For liberals in the party she comes across as too close to Wall Street, not ready to take drastic action to narrow the ever widening gulf in the US between the rich and the rest. Hence the continuing pressure on Elizabeth Warren to enter the race. Some on the right of her party however, see her as a statist, too wedded to big government.
Then there is her age. Should she win, she will be 69 when she takes office, the second oldest incoming president in history, behind only Ronald Reagan. American presidential elections are about the future. Ms Clinton must make sure she is not perceived as a throwback to the past.
Nor – as 2007/2008 showed – is she a very good campaigner, certainly not a patch on her husband. The private Clinton, we are told, has a terrific vitality and sense of humour. The public one however often comes across as guarded and calculating, secretive and defensive. Last month’s controversy over her private email system while Secretary of State only reinforced that impression.
And while she bestrides the Democratic field, it will not be so easy in the general election.
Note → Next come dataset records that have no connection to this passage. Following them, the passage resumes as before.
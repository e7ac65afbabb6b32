-- ===== src/Session/Ice/Tests.antt =====
-- Runs of the ICE functions, and their theorems at a session with three candidates.
use booster_nx.Common.{ℕ, ◌≡◌, refl, true, false, List, [], ◌∷◌, ◌++◌, All, map}
use booster_nx.Session.Ice.{
  Ice, contains, split_newlines, strip_cr, keep_lines, candidates_of, summarize,
  summarize_candidate_types, candidate_lines, derived_stun, before_query, is_member,
}
use booster_nx.Session.Ice.Local.{
  Event, gathered, answered, run, gathered_in, IsFlushed, known, run-known,
}
use booster_nx.Session.Ice.Remote.{Distinct, poll_all, poll_all-Distinct}

-- "v=0\r\na=candidate:1 typ host\r\n\na=candidate:2".
abbrev description : List ℕ
description =
    (118 ∷ 61 ∷ 48 ∷ 13 ∷ 10 ∷ 97 ∷ 61 ∷ 99 ∷ 97 ∷ 110 ∷ 100 ∷ 105 ∷ 100 ∷ 97 ∷ 116 ∷ 101 ∷ 58 ∷ 49
      ∷ 32 ∷ 116 ∷ 121 ∷ 112 ∷ 32 ∷ 104 ∷ 111 ∷ 115 ∷ 116 ∷ 13 ∷ 10 ∷ 10 ∷ 97 ∷ 61 ∷ 99 ∷ 97 ∷ 110
      ∷ 100 ∷ 105 ∷ 100 ∷ 97 ∷ 116 ∷ 101 ∷ 58 ∷ 50 ∷ [])

-- "candidate:1 typ host" and "candidate:2".
abbrev first_candidate : List ℕ
first_candidate =
    (99 ∷ 97 ∷ 110 ∷ 100 ∷ 105 ∷ 100 ∷ 97 ∷ 116 ∷ 101 ∷ 58 ∷ 49 ∷ 32 ∷ 116 ∷ 121 ∷ 112 ∷ 32 ∷ 104
      ∷ 111 ∷ 115 ∷ 116 ∷ [])

abbrev second_candidate : List ℕ
second_candidate = (99 ∷ 97 ∷ 110 ∷ 100 ∷ 105 ∷ 100 ∷ 97 ∷ 116 ∷ 101 ∷ 58 ∷ 50 ∷ [])

lines_found : candidate_lines description ≡ first_candidate ∷ second_candidate ∷ []
unfolding contains split_newlines strip_cr keep_lines candidates_of
lines_found = refl

counted :
    summarize_candidate_types description
    ≡ record { host = 1; srflx = 0; relay = 0; prflx = 0; other = 1 }
unfolding summarize contains split_newlines
counted = refl

-- "turn:h:1?t" gives "stun:h:1"; an empty host gives none.
derived :
    map
      (λ s. s.url)
      (derived_stun (
        record {
          url = (116 ∷ 117 ∷ 114 ∷ 110 ∷ 58 ∷ 104 ∷ 58 ∷ 49 ∷ 63 ∷ 116 ∷ []);
          username = [];
          credential = [];
        }
        ∷ record {
          url = (116 ∷ 117 ∷ 114 ∷ 110 ∷ 58 ∷ 63 ∷ 116 ∷ []);
          username = [];
          credential = [];
        }
        ∷ []))
    ≡ (115 ∷ 116 ∷ 117 ∷ 110 ∷ 58 ∷ 104 ∷ 58 ∷ 49 ∷ []) ∷ []
unfolding derived_stun before_query
derived = refl

abbrev new_ice : Ice
new_ice = record { can_send = false; pending = []; posted = []; added = [] }

abbrev history : List Event
history = gathered description ∷ answered ∷ gathered second_candidate ∷ []

run-known_example :
    IsFlushed (run new_ice history) × (known (run new_ice history) ≡ [] ++ gathered_in history)
run-known_example = run-known new_ice history (λ on. refl)

abbrev answers : List (List (List ℕ))
answers = (first_candidate ∷ []) ∷ (first_candidate ∷ second_candidate ∷ first_candidate ∷ []) ∷ []

poll_all-Distinct_example :
    Distinct (poll_all new_ice answers).added
    × All (λ cs. All (λ c. is_member c (poll_all new_ice answers).added ≡ true) cs) answers
poll_all-Distinct_example = poll_all-Distinct new_ice answers tt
Her national approval ratings are down considerably from her days as Secretary of State. For what they are worth at this stage, some polls now show her losing to certain of her Republican rivals in key swing states.
And the GOP attack machine, politely known as ‘opposition research’, is already on her case. Nothing maddens Republicans more than the Clintons’ shared ability to bounce back from the most damning of scandals, and to turn their opponents’ attacks to their advantage. But that won’t stop Republicans from trying again, in the run up to the 2016 election.